Open dkhayes117 opened 4 years ago
Definitely! You can copy the linker script from the corresponding riscv-rt
source tree into your project under a different name and use it in .cargo/config
instead of one provided by riscv-rt
.
So this line "-C", "link-arg=-Thifive1-link.x" would change to "-C", "link-arg=-newlink.x" if newlink.x was in my project tree ?
Change it to:
"-C", "link-arg=-Thifive1-memory.x",
"-C", "link-arg=-Tnewlink.x"
(you also need to include memory definitions before the linker script)
Will I need to modify the memory-hifive1-revb.x too, or just the linker?
Only if you need a different memory layout or you do not have a bootloader.
Are the region alias' sensitive to renaming? For example, keeping U and M level code separate wouldn't I need to have a .textM and a .textU etc?
Maybe I can build and run my M level code with one linker and memory file (original). Then once completed, build and run the U level code with a modified linker and memory file that has different memory addresses. Or should this be a single process with some kind of compile time flags/switches?
Region aliases are different things, they were added to prevent hardcoding FLASH
everywhere and to allow some flexibility. If you have different .textX
section names, you can try to group them in the linker script in a way you want.
I've never done this before, obviously. How completely nuts does this look?
INCLUDE memory-fe310.x
MEMORY
{
MFLASH ORIGIN = 0x20000000, LENGTH = 2M
UFLASH ORIGIN = 0x20200000, LENGTH = 2M
MRAM ORIGIN = 0x80000000, LENGTH = 8K
URAM ORIGIN = 0x80002000, LENGTH = 8K
}
REGION_ALIAS("REGION_MTEXT", MFLASH); REGION_ALIAS("REGION_MRODATA", MFLASH); REGION_ALIAS("REGION_MDATA", MRAM); REGION_ALIAS("REGION_MBSS", MRAM); REGION_ALIAS("REGION_MHEAP", MRAM); REGION_ALIAS("REGION_MSTACK", MRAM);
REGION_ALIAS("REGION_UTEXT", UFLASH); REGION_ALIAS("REGION_URODATA", UFLASH); REGION_ALIAS("REGION_UDATA", URAM); REGION_ALIAS("REGION_UBSS", URAM); REGION_ALIAS("REGION_UHEAP", URAM); REGION_ALIAS("REGION_USTACK", URAM);
/Skip first 64k allocated for bootloader/ _stext = 0x20010000;
You don't need the first INCLUDE as you defined your own RAM regions, but other things look sane
Wow, really? LOL, cool. Obviously, I can tweak the region sizes a bit to not waste space, just divided everything in half to start. I will get rid of the include line.

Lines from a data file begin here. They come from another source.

-- ===== src/Agent/Init.antt =====
-- src/agent/init.rs: where the init container takes the source from, and how. The environment, git,
-- the network and the file system are arguments.
pub mod Handoff
pub mod Paths
pub mod Confined
use pulumi_rs_kube_operator.Base.{
  ℕ, Bool, true, false, ◌&&◌, ◌||◌, not, Option, none, some, List, [], ◌∷◌, ◌++◌, Result, ok, err,
  Text, text, length, leb, contains, starts_with, if◌then◌else◌,
}

pub data InitError : Type 0 where
  io git fetch : (detail : Text) → InitError
  invalid_subdir : (subdir : Text) → InitError

pub data InitSource : Type 0 where
  git_source : (url : Text) (revision dir : Option Text) → InitSource
  flux_source : (url : Text) (digest dir : Option Text) → InitSource
  program_source : (url : Text) → InitSource
  local_source : InitSource

-- `std::env::var(name).ok()`
unfoldable pub determine_source_from_env : (get_env : Text → Option Text) → InitSource
determine_source_from_env get_env = elim (get_env (text "GIT_URL")) [
  | some url ↦ git_source url (get_env (text "GIT_REVISION")) (get_env (text "GIT_DIR"))
  | none ↦ elim (get_env (text "FLUX_URL")) [
    | some url ↦ flux_source url (get_env (text "FLUX_DIGEST")) (get_env (text "FLUX_DIR"))
    | none ↦ elim (get_env (text "PROGRAM_URL")) [
      | some url ↦ program_source url
      | none ↦ local_source
    ]
  ]
]

unfoldable pub branch_args : Option Text → List Text
branch_args none = []
branch_args (some rev) = text "--branch" ∷ rev ∷ []

unfoldable pub clone_args : (target_dir url : Text) → Option Text → List Text
unfolding branch_args
clone_args target_dir url revision =
    (text "clone" ∷ text "--depth" ∷ text "1" ∷ [])
    ++ branch_args revision
    ++ (url ∷ target_dir ∷ [])

-- `char::is_ascii_hexdigit`
unfoldable pub is_hexdigit : ℕ → Bool
is_hexdigit c =
    (leb b'0' c && leb c b'9') || (leb b'a' c && leb c b'f') || (leb b'A' c && leb c b'F')

unfoldable pub all_hex : Text → Bool
unfolding is_hexdigit
all_hex [] = true
all_hex (c ∷ cs) = is_hexdigit c && all_hex cs

-- A revision that looks like a commit, not a branch.
unfoldable pub is_commit : Text → Bool
unfolding all_hex
is_commit rev = leb 7 (length rev) && all_hex rev

-- What a run of git gives: it cannot be run, or it ends with success or with an error text.
pub data GitOutput : Type 0 where
  git_unrun : (message : Text) → GitOutput
  git_success : GitOutput
  git_failure : (stderr : Text) → GitOutput

module _ (git_run : List Text → GitOutput) where
  unfoldable pub checkout_commit : Text → Result InitError (Unit {0})
  checkout_commit rev = elim (git_run (text "checkout" ∷ rev ∷ [])) [
    | git_unrun m ↦ err (git (text "failed to run git checkout: " ++ m))
    | git_failure e ↦ err (git (text "git checkout " ++ rev ++ text " failed: " ++ e))
    | git_success ↦ ok tt
  ]

  -- After the clone: a commit is fetched, and checked out if that succeeded.
  unfoldable pub fetch_commit : Text → Result InitError (Unit {0})
  unfolding checkout_commit
  fetch_commit rev = elim (git_run (text "fetch" ∷ text "origin" ∷ rev ∷ [])) [
    | git_unrun m ↦ err (git (text "failed to fetch commit: " ++ m))
    | git_failure e ↦ ok tt
    | git_success ↦ checkout_commit rev
  ]

  unfoldable pub after_clone : Option Text → Result InitError (Unit {0})
  unfolding fetch_commit is_commit
  after_clone none = ok tt
  after_clone (some rev) = if is_commit rev then fetch_commit rev else ok tt

  unfoldable pub clone_git_repo :
      (target_dir url : Text) → Option Text → Result InitError (Unit {0})
  unfolding clone_args after_clone
  clone_git_repo target_dir url revision = elim (git_run (clone_args target_dir url revision)) [
    | git_unrun m ↦ err (git (text "failed to run git clone: " ++ m))
    | git_failure e ↦ err (git (text "git clone failed: " ++ e))
    | git_success ↦ after_clone revision
  ]

-- The directory that the workspace becomes a link to.
unfoldable pub link_source : (source_dir : Text) → Option Text → Result InitError Text
link_source source_dir none = ok source_dir
link_source source_dir (some []) = ok source_dir
link_source source_dir (some (c ∷ d)) =
    if contains (c ∷ d) (text "..") || starts_with (text "/") (c ∷ d)
    then err (invalid_subdir (c ∷ d))
    else ok (source_dir ++ text "/" ++ c ∷ d)

-- The bytes of an arrow between spaces.
abbrev pub arrow : Text
arrow = 32 ∷ 0xE2 ∷ 0x86 ∷ 0x92 ∷ 32 ∷ []

-- `symlink_subdir`, where `symlink` says why the link cannot be made, if so.
unfoldable pub symlink_subdir :
    (symlink : (source workspace_dir : Text) → Option Text) (source_dir workspace_dir : Text)
    → Option Text
    → Result InitError Text
unfolding link_source
symlink_subdir symlink source_dir workspace_dir subdir = elim (link_source source_dir subdir) [
  | err e ↦ err e
  | ok source ↦ elim (symlink source workspace_dir) [
    | none ↦ ok source
    | some e ↦ err (
        io (text "failed to create symlink " ++ workspace_dir ++ arrow ++ source ++ text ": " ++ e))
  ]
]

-- What comes of fetching an archive: the directory cannot be made, the request or its body fails, the
-- answer is no success, the archive cannot be unpacked, or it is there.
pub data Download : Type 0 where
  dir_unmade unfetched unread unextracted : (message : Text) → Download
  answered : (status : Text) → Download
  extracted : Download

unfoldable pub fetch_and_extract : (label : Text) → Download → Result InitError (Unit {0})
fetch_and_extract label (dir_unmade m) = err (io (text "failed to create target dir: " ++ m))
fetch_and_extract label (unfetched m) =
    err (fetch (text "failed to fetch " ++ label ++ text ": " ++ m))
fetch_and_extract label (answered status) = err (fetch (label ++ text " fetch returned " ++ status))
fetch_and_extract label (unread m) =
    err (fetch (text "failed to read " ++ label ++ text " body: " ++ m))
fetch_and_extract label (unextracted m) =
    err (fetch (text "failed to extract " ++ label ++ text ": " ++ m))
fetch_and_extract label extracted = ok tt

module _ (git_run : List Text → GitOutput) (download : (url : Text) → Download)
    (symlink : (source workspace_dir : Text) → Option Text) (source_dir workspace_dir : Text) where
  -- The link, once the source is there.
  unfoldable pub link_after :
      Result InitError (Unit {0}) → Option Text → Result InitError (Option Text)
  unfolding symlink_subdir
  link_after (err e) dir = err e
  link_after (ok u) dir = elim (symlink_subdir symlink source_dir workspace_dir dir) [
    | err e ↦ err e
    | ok source ↦ ok (some source)
  ]

  unfoldable pub fetch_source : InitSource → Result InitError (Option Text)
  unfolding clone_git_repo fetch_and_extract link_after
  fetch_source (git_source url revision dir) =
      link_after (clone_git_repo git_run source_dir url revision) dir
  fetch_source (flux_source url digest dir) =
      link_after (fetch_and_extract (text "artifact") (download url)) dir
  fetch_source (program_source url) =
      link_after (fetch_and_extract (text "program") (download url)) none
  fetch_source local_source = ok none

  -- `initialize_workspace`; it gives what the workspace has become a link to, if anything. `made` says
  -- why the directory of the workspace cannot be made, if so.
  unfoldable pub initialize_workspace :
      (made : Option Text) (get_env : Text → Option Text) → Result InitError (Option Text)
  unfolding fetch_source determine_source_from_env
  initialize_workspace none get_env = fetch_source (determine_source_from_env get_env)
  initialize_workspace (some m) get_env = err (io (text "failed to create workspace dir: " ++ m))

Next, I need to modify the link.x file to handle these regions, correct?
Correct. Or you can create two different memory.x files, one for M-mode and one for U-mode and use them to link two different binaries with the same (possibly modified) link.x file.
Right, that makes sense. If I did that, then I wouldn't need the change the region names just the memory boundaries. I would also have to $cargo run twice this way. Once to load m-mode stuff, and once to load the u-mode stuff?
Yes, you're right.
I really appreciate your help!
One more thought. I plan on entering the user mode memory section by setting the stack pointer address and changing to u mode. When I write my user mode code, I don't need an #[entry] attribute point included, just in the machine mode code. That should allow the machine code to be called on start up, then I will use the mret process to move into the user mode portion from m-mode. Should that work?
Probably you need to write your own startup code for the user mode and place it somewhere (beginning of the user mode .text
as an option). In any case, you need to have something, that will be KEEP
ed while linking, otherwise you likely end up with an empty user mode binary.
I see what you are saying. Do you have any suggestions for the memory definition file. When I try to build with the extra -C argument, it says that "RAM" is already defined. The ram is being defined somewhere else during linking. I think it might be in the hifive/build.rs file. It seems to be pointing to the default memory file. Not sure how to modify this without changing the repo file.
Nope, the problem is the quickstart template is adding the -Thifive1-link.x argument which calls the hifive-memory.x file then link.x linker. I think I can just do this
"-C", "link-arg=-Tnew-memory.x", "-C", "link-arg=-Tlink.x"
This seems to be working, but the ram doesn't start at the origin I define, it always puts it at 0x80000000.
Strange, try to rebuild the project. Sometimes these script files don't get updated and linker uses the old version.
Yahoo! That worked. I ran cargo clean
then cargo build --workspace
Is it possible to modify the linker script on my project? I want to keep all machine mode and user mode functions separated in memory. I thought that I might can build the machine code and the user code separately, then change the linker script somehow to load them into separate memory locations. Then I can use the PMP to sandbox my user mode operation.